Although we manufacture our products in New Jersey and Colorado, we ship our products globally. Environmental and other disasters could cause disruption to our supply chain or impede our ability to ship product to certain regions of the world. There can be no assurance that environmental and/or other such natural disasters will not have an adverse impact on our business in the future.
New Jersey corporate law may delay or prevent a transaction that stockholders would view as favorable.
We are subject to the New Jersey Shareholders’ Protection Act (the “Act”), which could delay or prevent a change of control of us. In general, the Act prevents a shareholder owning 10% or more of a New Jersey public corporation’s outstanding voting stock from engaging in business combinations with that corporation for five years following the date the shareholder acquired 10% or more of the corporation’s outstanding voting stock, unless board approval is obtained prior to the time that the shareholder reaches the 10% threshold.
Failure to maintain effective internal controls in accordance with Sarbanes-Oxley could have a material adverse effect on our business and common stock price.
As a public company with SEC reporting obligations, we are required to document and test our internal control procedures to satisfy the requirements of Section 404(a) of Sarbanes-Oxley, which require annual assessments by management of the effectiveness of our internal control over financial reporting. As a smaller reporting company, we are exempt from the auditor attestation requirement of Section 404(b) of Sarbanes-Oxley.

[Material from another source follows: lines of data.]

-- ===== src/Daemon/Kept.antt =====
-- What a command of one connection leaves alone: the sessions of the others.
use trustonic_tee_user_space.Prelude.{
  ℕ, zero, suc, ◌≡◌, ◌≢◌, refl, sym, subst, ap, ◌∙◌, false, List, [], ◌∷◌, ◌++◌, Option, none, some,
  arith, Option-cases, inl, inr,
}
use trustonic_tee_user_space.TrustletSession.{TrustletSession}
use trustonic_tee_user_space.Device.{Device, Env, Event, LoadData}
use trustonic_tee_user_space.Device.Close.{last_owned, close_session, close}
use trustonic_tee_user_space.Device.Open.{OpenPayload, open_session}
use trustonic_tee_user_space.Device.Skeleton.{fixed, skeleton}
use trustonic_tee_user_space.Device.Ownership.{Fresh, Distinct, is_other, others, Distinct-same}
use trustonic_tee_user_space.Device.Opening.{Outcome, open_session-Outcome, map-snoc}
use trustonic_tee_user_space.Device.Closing.{close_session-others}

pub record Kept (c : ℕ) (d d' : Device) : Type 0 where
  pub untouched : others c (skeleton d') ≡ others c (skeleton d)
  pub distinct : Distinct d'.sessions

pub Kept-trans : {c : ℕ} {d e f : Device} → Kept c d e → Kept c e f → Kept c d f
Kept-trans p q = record { untouched = q.untouched ∙ p.untouched; distinct = q.distinct }

pub Kept-same :
    (c : ℕ) (d d' : Device) → skeleton d' ≡ skeleton d → Distinct d.sessions → Kept c d d'
Kept-same c d d' same h = record {
  untouched = ap (others c) same;
  distinct = Distinct-same d.sessions d'.sessions same h;
}

Fresh-snoc :
    (a : ℕ) (ss : List TrustletSession) (s : TrustletSession)
    → Fresh a ss
    → s.address ≢ a
    → Fresh a (ss ++ s ∷ [])
Fresh-snoc a [] s h n = (n, tt)
Fresh-snoc a (t ∷ ss) s h n = (h.0, Fresh-snoc a ss s h.1 n)

Distinct-snoc :
    (ss : List TrustletSession) (s : TrustletSession)
    → Distinct ss
    → Fresh s.address ss
    → Distinct (ss ++ s ∷ [])
Distinct-snoc [] s h f = (tt, tt)
Distinct-snoc (t ∷ ss) s h f =
    (Fresh-snoc t.address ss s h.0 (λ e. f.0 (sym e)), Distinct-snoc ss s h.1 f.1)

others-snoc :
    (c : ℕ) (ss : List TrustletSession) (s : TrustletSession)
    → is_other c s ≡ false
    → others c (ss ++ s ∷ []) ≡ others c ss
unfolding others
others-snoc c [] s own = rw own refl
others-snoc c (t ∷ ss) s own = ground (arith, others-snoc c ss s own)

owned-not_other :
    (c : ℕ) (s : TrustletSession) → s.device_connection ≡ some c → is_other c s ≡ false
owned-not_other c s own = ground arith

module _ (env : Env) (c : ℕ) (d : Device) (h : Distinct d.sessions)
    (fresh : (l : List Event) → Fresh (env.new_address l) d.sessions) where
  Kept-Outcome :
      (l : LoadData) (ret : ℕ) (p : Option OpenPayload) (d' : Device)
      → Outcome env c l d (ret, p, d')
      → Kept c d d'
  Kept-Outcome l ret p d' (inr (bad, gone, same)) = Kept-same c d d' same h
  Kept-Outcome l ret p d' (inl (ok, (s, added, own, socket, gp, (log, at), sent))) = record {
    untouched =
        ap (others c) added
        ∙ others-snoc c (skeleton d) (fixed s) (owned-not_other c (fixed s) own);
    distinct =
        Distinct-same (d.sessions ++ s ∷ []) d'.sessions (added ∙ sym (map-snoc d.sessions s))
          (Distinct-snoc d.sessions s h (subst (λ a. Fresh a d.sessions) (sym at) (fresh log)));
  }

  pub Kept-open_session :
      (fd : ℕ) (l : LoadData) (tci_handle tci_len tci_offset : ℕ)
      → Kept c d (open_session env d c fd l tci_handle tci_len tci_offset).2
  Kept-open_session fd l tci_handle tci_len tci_offset =
      let (ret, p, d') = open_session env d c fd l tci_handle tci_len tci_offset in
      Kept-Outcome l ret p d' (open_session-Outcome env d c fd l tci_handle tci_len tci_offset)

pub Kept-close_session :
    (env : Env) (c session_id : ℕ) (d : Device)
    → Distinct d.sessions
    → Kept c d (close_session env d c session_id).1
Kept-close_session env c session_id d h =
    let (same, h') = close_session-others env d c session_id h in
    record { untouched = same; distinct = h' }

-- However many rounds the loop takes.
abbrev pub KeptOption : ℕ → Device → Option Device → Type 0
KeptOption c d none = Unit
KeptOption c d (some d') = Kept c d d'

KeptOption-from :
    (c : ℕ) (d e : Device) (r : Option Device) → Kept c d e → KeptOption c e r → KeptOption c d r
KeptOption-from c d e none p q = tt
KeptOption-from c d e (some f) p q = Kept-trans p q

pub Kept-close :
    (fuel : ℕ) (env : Env) (c : ℕ) (d : Device)
    → Distinct d.sessions
    → KeptOption c d (close fuel env d c)
unfolding close
Kept-close zero env c d h = tt
Kept-close (suc fuel) env c d h = elim (Option-cases (last_owned c d.sessions)) [
  | inl e ↦ rw (e, close) (Kept-same c d d refl h)
  | inr (s, e) ↦
      let d' = (close_session env d c s.session_id).1 in
      let round = Kept-close_session env c s.session_id d h in
      rw (e, close)
        (KeptOption-from c d d' (close fuel env d' c) round
          (Kept-close fuel env c d' round.distinct))
]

During the course of our assessment, we may identify deficiencies that we are unable to remediate in a timely manner. Testing and maintaining our internal control over financial reporting may also divert management’s attention from other matters that are important to the operation of our business. We may not be able to conclude on an ongoing basis that we have effective internal control over financial reporting in accordance with Section 404(a) of Sarbanes-Oxley. If we conclude that our internal control over financial reporting is not effective, we cannot be certain as to the timing of completion of our evaluation, testing and remediation actions or its effect on our operations. Moreover, any material weaknesses or significant deficiencies in our internal control over financial reporting may impede our ability to file timely and accurate reports with the SEC. Any of the above could cause investors to lose confidence in our reported financial information or our common stock listing on the NYSE American exchange to be suspended or terminated, which could have a negative effect on the trading price of our common stock.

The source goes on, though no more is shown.